I understand that it happens for "C-level" people. But in DGrouse's case, the company has shelled out $140K and hasn't made a penny off the person yet.

I'm not being critical of DGrouse or anyone else. I'm just really curious as to how the business case for this works.

For all I know DGrouse and/or his wife could have C-level jobs.


In my wifes case it was for specialized knowlege. Wells, US, BoA,Chase, Wamu, Russel all had specific needs for professional practice. Ie the people who design the work flow for internal audit and interact with different regulators. While most banks have some form of of P.P. group, most are based off the processes my wife designed at Wamu. Now that 20ish years have gone by the designs and need for a ground up P.P. group has waned. Banks are seeing that same kind of need for a policy wonk in anti-money laundering section. So, that is where she is now.

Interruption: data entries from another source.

-- ===== src/SymfileTracer.antt =====
-- src/symfile_tracer.h and src/symfile_tracer.cpp: which bytes of which bank were accessed.
pub mod Cover
use tlmboy.Base.{
  ℕ, zero, suc, ◌+◌, ◌-◌, ◌*◌, ◌/◌, ◌%◌, ◌^◌, ◌≤◌, ◌<◌, ◌≡◌, ◌≢◌, ◌⊎◌, ◌↔◌, inl, inr, refl, sym, ap,
  ◌∙◌, arith, Bool, true, false, not, ◌&&◌, ◌||◌, Option, none, some, List, [], ◌∷◌, ◌++◌, map, u8,
  u16, of_bool, to_bool, is_bit_set, set_bit, bit_and, bit_or, bit_xor, ltb, leb, ◌==◌,
  if◌then◌else◌, all_below, all_below_sound, ==→eq, Bool-cases, length, get_or, tabulate,
}

-- `access_arr_`, by the index `kBankSize * bank + adr`.
pub record SymfileTracer : Type 0 where
  pub access_arr : ℕ → Bool

abbrev pub max_banks : ℕ
max_banks = 512

abbrev pub bank_size : ℕ
bank_size = 0x4000

unfoldable pub clear : SymfileTracer → SymfileTracer
clear t = record {
  access_arr = λ j. if ltb j (max_banks * bank_size) then false else t.access_arr j;
}

unfoldable pub trace_access : ℕ → ℕ → SymfileTracer → SymfileTracer
trace_access bank adr t = record {
  access_arr = λ j. if j == bank_size * bank + adr then true else t.access_arr j;
}

-- The numbers that `PrintSymbol` prints.
pub record Symbol : Type 0 where
  pub symbol_bank : ℕ
  pub start_adr : ℕ
  pub len : ℕ

unfoldable pub print_symbol : ℕ → ℕ → ℕ → Symbol
print_symbol bank start_adr len = record {
  symbol_bank = bank;
  start_adr = if bank == 0 then start_adr else u16 (start_adr + 0x4000);
  len = len;
}

-- The loop over the addresses of a bank, `n` of them from `adr` on, and the test after it.
unfoldable pub dump_bank : SymfileTracer → ℕ → ℕ → ℕ → Bool → ℕ → List Symbol
dump_bank t bank zero adr in_access start =
    if in_access then print_symbol bank start (0x4000 - start) ∷ [] else []
dump_bank t bank (suc n) adr in_access start =
    let accessed = t.access_arr (bank_size * bank + adr) in
    let rest =
      dump_bank t bank n (suc adr) accessed
        (if accessed && not in_access then u16 adr else start) in
    if not accessed && in_access then print_symbol bank start (adr - start) ∷ rest else rest

-- `n` rounds of the loop over the banks, from `bank` on.
unfoldable pub dump_banks : SymfileTracer → ℕ → ℕ → List Symbol
dump_banks t zero bank = []
dump_banks t (suc n) bank = dump_bank t bank bank_size 0 false 0 ++ dump_banks t n (suc bank)

unfoldable pub dump_trace : SymfileTracer → List Symbol
dump_trace t = dump_banks t max_banks 0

Typically any type of relo comes with a commitment. Usually a year. Sometimes you can negotiate a 2nd year for increased moving bennifits if the offer does not have what you need.

At my wifes level, there might be 5 -7 people who are doing what she did for P.P. most use some variation of the p.p.g work flow she designed. None have the years of exp she did. Not many are as experience at policy wonking as she is. So, as she wrapped up one ppg group at one bank, we moved to another.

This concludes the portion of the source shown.